» WHAT IS BEING ASKED
Could you filter the material and copy every line where the word "small" occurs?

» PROVIDED RECORDS
<<<<

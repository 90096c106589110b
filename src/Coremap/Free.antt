-- ===== src/Coremap/Free.antt =====
-- coremap_freepages.
use os.Base.{
  ℕ, ◌+◌, ◌-◌, ◌*◌, ◌/◌, ◌%◌, ◌^◌, ◌<◌, ◌≡◌, refl, ◌≢◌, true, false, some, List, arith, ◌==◌,
  Bool-cases, Option-cases, inl, inr, get_elem?,
}
use os.Base.Outcome.{Outcome, ok, panic, ◌>>=◌}
use os.Coremap.{
  CoremapPage, free, allocated, entry, is_free, Coremap, page_size, coremap_getpages,
  coremap_freepages,
}
use os.Coremap.Scan.{AllFree}
use os.Coremap.Fill.{count_used, in_range, Filled}
use os.Coremap.Block.{AllUsed, used_at, release-Filled}
use os.Coremap.Invariant.{IsCoremap, count_used-le}
use os.Coremap.Alloc.{Allocated, block_at, exhausted, coremap_getpages-Allocated}

module _ (c : Coremap) (h : IsCoremap c) (page : ℕ) (p : CoremapPage)
    (e : get_elem? c.pages page ≡ some p) (start : p.page_count ≢ 0) where
  -- Every page of the block is in use.
  block-AllUsed : AllUsed c.pages page (page + p.page_count)
  block-AllUsed k lo hi = elim (Bool-cases (k == page)) [
    | inl head ↦
        let same : k ≡ page = ground arith in
        let clean = h.clean page p e in
        let here : used_at c.pages page ≡ true = rw (e, used_at) (ground arith) in rw same here
    | inr other ↦
        let (q, at, none_behind, used) = h.blocks page k p e (ground arith) hi in
        rw (at, used_at) (ground arith)
  ]

  -- A block that starts elsewhere does not meet this one.
  apart :
      (k j : ℕ) (q : CoremapPage)
      → get_elem? c.pages k ≡ some q
      → k < j
      → j < k + q.page_count
      → in_range page p.page_count k ≡ false
      → in_range page p.page_count j ≡ false
  apart k j q at lo hi out = elim (Bool-cases (in_range page p.page_count j)) [
    | inl meets ↦
        let (r, there, none_behind, used) = h.blocks k page q at (ground arith) (ground arith) in
        absurd (start (ground arith))
    | inr fine ↦ fine
  ]

  module _ {pages' : List CoremapPage} (f : Filled page p.page_count (entry 0 free) c.pages pages')
      (count : count_used pages' + p.page_count ≡ count_used c.pages) where
    Filled-clean :
        (k : ℕ) (q : CoremapPage)
        → get_elem? pages' k ≡ some q
        → is_free q.state ≡ true
        → q ≡ entry 0 free
    Filled-clean k q at free' = ground (arith, f.entries k, h.clean k q)

    spared :
        (k j : ℕ) (q r : CoremapPage)
        → get_elem? c.pages k ≡ some q
        → get_elem? c.pages j ≡ some r
        → k < j
        → j < k + q.page_count
        → in_range page p.page_count k ≡ false
        → get_elem? pages' j ≡ some r
    spared k j q r at there lo hi out = ground (arith, f.entries j, apart k j q at lo hi out)

    Filled-blocks :
        (k j : ℕ) (q : CoremapPage)
        → get_elem? pages' k ≡ some q
        → k < j
        → j < k + q.page_count
        → (r : CoremapPage) × (get_elem? pages' j ≡ some r)
          × (r.page_count ≡ 0)
          × (is_free r.state ≡ false)
    Filled-blocks k j q at lo hi = elim (Bool-cases (in_range page p.page_count k)) [
      | inl inside ↦ absurd (ground (arith, f.entries k))
      | inr out ↦
          let before : get_elem? c.pages k ≡ some q = ground (arith, f.entries k) in
          let (r, there, none_behind, used) = h.blocks k j q before lo hi in
          (r, spared k j q r before there lo hi out, none_behind, used)
    ]

    Filled-IsCoremap :
        IsCoremap (record c {
          pages = pages';
          pages_in_use = (c.pages_in_use + 2 ^ 32 - p.page_count) % 2 ^ 32;
        })
        × ((c.pages_in_use + 2 ^ 32 - p.page_count) % 2 ^ 32 + p.page_count ≡ c.pages_in_use)
    Filled-IsCoremap =
        let fewer = count_used-le c.pages in
        let exact : (c.pages_in_use + 2 ^ 32 - p.page_count) % 2 ^ 32 + p.page_count
            ≡ c.pages_in_use =
          omega (arith, count, h.counted, h.small, fewer) in
        (
          record {
            small = omega (arith, f.same_length, h.small);
            last_le = omega (arith, f.same_length, h.last_le);
            counted = omega (arith, exact, count, h.counted);
            clean = Filled-clean;
            blocks = Filled-blocks;
          },
          exact,
        )

-- What freeing the block at `page` leaves.
pub record Freed (c c' : Coremap) (page npages : ℕ) : Type 0 where
  pub released : Filled page npages (entry 0 free) c.pages c'.pages
  pub fewer : c'.pages_in_use + npages ≡ c.pages_in_use
  pub valid : IsCoremap c'

-- At the first page of a block coremap_freepages frees the whole block and nothing else, and keeps
-- the coremap well formed; elsewhere it changes nothing.
pub coremap_freepages-Freed :
    (c : Coremap) (page : ℕ) (p : CoremapPage)
    → IsCoremap c
    → get_elem? c.pages page ≡ some p
    → (p.page_count ≡ 0 → coremap_freepages (page * page_size) c ≡ ok c)
      × (p.page_count ≢ 0
          → (c' : Coremap) × (coremap_freepages (page * page_size) c ≡ ok c')
            × Freed c c' page p.page_count)
unfolding coremap_freepages
coremap_freepages-Freed c page p h e =
    let at : page * page_size / page_size ≡ page = omega arith in
    (
      λ inside.
          let zero_count : (p.page_count == 0) ≡ true = ground arith in rw (at, e, zero_count) refl,
      λ start.
          let some_count : (p.page_count == 0) ≡ false = ground arith in
          let (pages', done, f, count) =
            release-Filled p.page_count page c.pages (block-AllUsed c h page p e start) in
          let (valid, exact) = Filled-IsCoremap c h page p e start f count in
          (
            record c {
              pages = pages';
              pages_in_use = (c.pages_in_use + 2 ^ 32 - p.page_count) % 2 ^ 32;
            },
            rw (at, e, some_count, done) refl,
            record { released = f; fewer = exact; valid = valid },
          ),
    )

-- What freeing a fresh allocation leaves: every entry as it was before the allocation.
pub data Restored (npages : ℕ) (c : Coremap) : Outcome Coremap → Type 0 where
  restored :
      {c' : Coremap}
      → ((k : ℕ) → get_elem? c'.pages k ≡ get_elem? c.pages k)
      → c'.pages_in_use ≡ c.pages_in_use
      → IsCoremap c'
      → Restored npages c (ok c')
  no_space : coremap_getpages npages c ≡ panic → Restored npages c panic

module _ (npages : ℕ) (c : Coremap) (h : IsCoremap c) (pos : 0 < npages) where
  clean_at :
      (page : ℕ)
      → AllFree c.pages page (page + npages)
      → (k : ℕ) → in_range page npages k ≡ true
      → get_elem? c.pages k ≡ some (entry 0 free)
  clean_at page all k inside = elim (Option-cases (get_elem? c.pages k)) [
    | inl missing ↦ absurd (ground (arith, all k))
    | inr (p, at) ↦ ground (arith, all k, h.clean k p at)
  ]

  block-Restored :
      (r : Outcome (ℕ × Coremap))
      → coremap_getpages npages c ≡ r
      → Allocated npages c r
      → Restored npages c (r >>= λ (paddr, c'). coremap_freepages paddr c')
  block-Restored r e (block_at {page} {c'} fits all b more valid) =
      let head : get_elem? c'.pages page ≡ some (entry npages allocated) =
        ground (arith, b.entries page) in
      let exact : page * page_size % 2 ^ 32 ≡ page * page_size = omega (arith, h.small) in
      let (c'', done, freed) =
        (coremap_freepages-Freed c' page (entry npages allocated) valid head).1
          (λ z. omega arith) in
      rw (exact, done)
        (restored (λ k. ground (arith, freed.released.entries k, b.entries k, clean_at page all k))
          (omega (arith, freed.fewer, more)) freed.valid)
  block-Restored r e (exhausted busy) = no_space e

  -- Freeing what was just allocated restores every entry and the count of pages in use.
  pub freepages-getpages :
      Restored npages c (coremap_getpages npages c >>= λ (paddr, c'). coremap_freepages paddr c')
  freepages-getpages = block-Restored _ refl (coremap_getpages-Allocated npages c h pos)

>>>>

» RESULT OF THIS TASK
          omega (arith, count, h.counted, h.small, fewer) in
            small = omega (arith, f.same_length, h.small);
      let exact : page * page_size % 2 ^ 32 ≡ page * page_size = omega (arith, h.small) in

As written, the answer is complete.